-- ===== src/Store/Users.antt =====
-- backend/internal/store/users.go: accounts, and the login sessions. Ids that id.New draws and
-- readings of the clock are arguments. A returned User is its row; the list ProjectIDs of the
-- account is not part of it.
mod Sessions
unfoldable pub use Sessions.*
pub mod AdminCount
pub mod Changes
pub mod LastAdmin
pub mod Live
pub mod Revocation
use device_management_platfo.Base.{
  ℕ, String, Bool, true, false, ◌&&◌, ◌||◌, not, Option, none, some, List, [], ◌∷◌, ◌==◌, eqb, ltb,
  if◌then◌else◌, find, count, exists, update, delete, Result, ok, err, or_fail, require, ◌>>=◌,
  ◌>>◌,
}
use device_management_platfo.Store.Schema.{
  Db, User, Membership, AccessSession, AuthSession, Role, system_admin, is_system_admin, Status,
  revoked, is_active, Error, not_found, last_admin, already_initialized, constraint, transaction,
  AuditInput, insert_audit,
}

pub record CreateUserInput : Type 0 where
  pub username : String
  pub display_name : String
  pub password_hash : String
  pub role : Role
  pub enabled : Bool
  pub project_ids : List String

pub record UpdateUserInput : Type 0 where
  pub display_name : String
  pub password_hash : String
  pub role : Role
  pub enabled : Bool
  pub project_ids : List String

unfoldable pub has_users : Db → Bool
has_users db = ltb 0 (count (λ _. true) db.users)

unfoldable pub new_user : String → CreateUserInput → Role → Bool → ℕ → User
new_user user_id input role enabled now = record {
  id = user_id;
  username = input.username;
  display_name = input.display_name;
  email = "";
  password_hash = input.password_hash;
  role = role;
  enabled = enabled;
  password_change_required = true;
  created_at = now;
  updated_at = now;
}

-- INSERT INTO users, with PRIMARY KEY(id) and UNIQUE(username).
unfoldable pub insert_user : User → Db → Result Error Db
insert_user row db = do
  require constraint (not (exists (λ u. u.id == row.id) db.users))
  require constraint (not (exists (λ u. u.username == row.username) db.users))
  ok (record db { users = row ∷ db.users })

-- The loop of INSERTs into project_memberships.
unfoldable pub insert_memberships : String → List String → Db → Result Error Db
insert_memberships user_id [] db = ok db
insert_memberships user_id (project_id ∷ rest) db =
    let row : Membership = record { user_id = user_id; project_id = project_id } in
    let more = insert_memberships user_id rest (record db { memberships = row ∷ db.memberships }) in
    if exists (λ p. p.id == project_id) db.projects
      && not (exists (λ m. m.user_id == user_id && m.project_id == project_id) db.memberships)
    then more
    else err constraint

unfoldable pub create_initial_admin :
    String → String → ℕ → CreateUserInput → AuditInput → Db → Db × Result Error User
unfolding new_user insert_user insert_audit
create_initial_admin user_id audit_id now input audit db = transaction db (do
  let row = new_user user_id input system_admin true now
  require already_initialized (eqb (count (λ _. true) db.users) 0)
  db₁ ← insert_user row db
  db₂ ← insert_audit audit_id (record audit { resource_id = user_id }) now db₁
  ok (db₂, row))

unfoldable pub create_user :
    String → String → ℕ → CreateUserInput → AuditInput → Db → Db × Result Error User
unfolding new_user insert_user insert_memberships insert_audit
create_user user_id audit_id now input audit db = transaction db (do
  let row = new_user user_id input input.role input.enabled now
  db₁ ← insert_user row db
  db₂ ← insert_memberships user_id input.project_ids db₁
  db₃ ← insert_audit audit_id (record audit { resource_id = user_id }) now db₂
  ok (db₃, row))

abbrev pub is_enabled_admin : User → Bool
is_enabled_admin u = is_system_admin u.role && u.enabled

-- The enabled system administrators other than the user.
unfoldable pub other_admins : String → Db → ℕ
other_admins user_id db = count (λ u. is_enabled_admin u && not (u.id == user_id)) db.users

unfoldable pub assign_user : UpdateUserInput → ℕ → User → User
assign_user input now u =
    if input.password_hash == ""
    then record u {
      display_name = input.display_name;
      role = input.role;
      enabled = input.enabled;
      updated_at = now;
    }
    else record u {
      display_name = input.display_name;
      password_hash = input.password_hash;
      password_change_required = true;
      role = input.role;
      enabled = input.enabled;
      updated_at = now;
    }

-- The UPDATE of the row, the DELETE of its memberships.
unfoldable pub write_user : String → UpdateUserInput → ℕ → Db → Db
unfolding assign_user
write_user user_id input now db = record db {
  users = update (λ u. u.id == user_id) (assign_user input now) db.users;
  memberships = delete (λ m. m.user_id == user_id) db.memberships;
}

-- A change that would take the last enabled system administrator away.
unfoldable pub takes_last_admin : String → User → Role → Bool → Db → Bool
takes_last_admin user_id previous role enabled db =
    is_enabled_admin previous
    && (not (is_system_admin role) || not enabled)
    && eqb (other_admins user_id db) 0

unfoldable pub update_user :
    String → String → ℕ → UpdateUserInput → AuditInput → Db → Db × Result Error User
unfolding takes_last_admin write_user insert_memberships revoke_user_sessions insert_audit
update_user user_id audit_id now input audit db = transaction db (do
  previous ← or_fail not_found (find (λ u. u.id == user_id) db.users)
  require last_admin (not (takes_last_admin user_id previous input.role input.enabled db))
  db₁ ← insert_memberships user_id input.project_ids (write_user user_id input now db)
  let db₂ = revoke_user_sessions user_id db₁
  db₃ ← insert_audit audit_id (record audit { resource_id = user_id }) now db₂
  updated ← or_fail not_found (find (λ u. u.id == user_id) db₃.users)
  ok (db₃, updated))

-- DELETE FROM users, with the cascades of the foreign keys: the sessions that hang on a login session
-- of the user go with it, and other access sessions lose their user.
unfoldable pub delete_user_row : String → Db → Db
delete_user_row user_id db = record db {
  users = delete (λ u. u.id == user_id) db.users;
  memberships = delete (λ m. m.user_id == user_id) db.memberships;
  auth_sessions = delete (λ a. a.user_id == user_id) db.auth_sessions;
  access_sessions =
      update (λ s. elim s.user_id [ none ↦ false | some id ↦ id == user_id ])
        (λ s. record s { user_id = none })
        (delete
          (λ s. exists (λ a. a.id == s.auth_session_id && a.user_id == user_id) db.auth_sessions)
          db.access_sessions);
  challenges = delete (λ c. c.user_id == user_id) db.challenges;
  user_mfa = delete (λ m. m.user_id == user_id) db.user_mfa;
  recovery_codes = delete (λ r. r.user_id == user_id) db.recovery_codes;
}

unfoldable pub delete_user : String → String → ℕ → AuditInput → Db → Db × Result Error (Unit {0})
unfolding delete_user_row insert_audit
delete_user user_id audit_id now audit db = transaction db (do
  previous ← or_fail not_found (find (λ u. u.id == user_id) db.users)
  require last_admin (not (is_enabled_admin previous && eqb (other_admins user_id db) 0))
  db₁ ←
      insert_audit audit_id (record audit { resource_id = user_id }) now
        (delete_user_row user_id db)
  ok (db₁, tt))

pub record ChangePasswordInput : Type 0 where
  pub user_id : String
  pub password_hash : String
  pub token_hash : String
  pub csrf_hash : String
  pub expires_at : ℕ
  pub audit : AuditInput

unfoldable pub set_password : String → ℕ → User → User
set_password password_hash now u = record u {
  password_hash = password_hash;
  password_change_required = false;
  updated_at = now;
}

unfoldable pub change_password :
    String → String → ℕ → ChangePasswordInput → Db → Db × Result Error AuthSession
unfolding set_password revoke_user_sessions revoke_user_challenges insert_auth_session insert_audit
change_password session_id audit_id now input db = transaction db (do
  user ← or_fail not_found (find (λ u. u.id == input.user_id) db.users)
  require not_found (user.enabled && not (input.password_hash == ""))
  let db₁ = record db {
    users = update (λ u. u.id == input.user_id) (set_password input.password_hash now) db.users;
  }
  let db₂ = revoke_user_challenges input.user_id (revoke_user_sessions input.user_id db₁)
  let row =
      new_auth_session session_id input.user_id input.token_hash input.csrf_hash input.expires_at
        now
  db₃ ← insert_auth_session row db₂
  db₄ ← insert_audit audit_id (record input.audit { resource_id = input.user_id }) now db₃
  ok (db₄, row))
☆ ☆ ☆ ☆ ☆
Assignment
With "ChangePasswordInput" as the search word, count the matching lines in the records and give the number alone.

Result for this task
2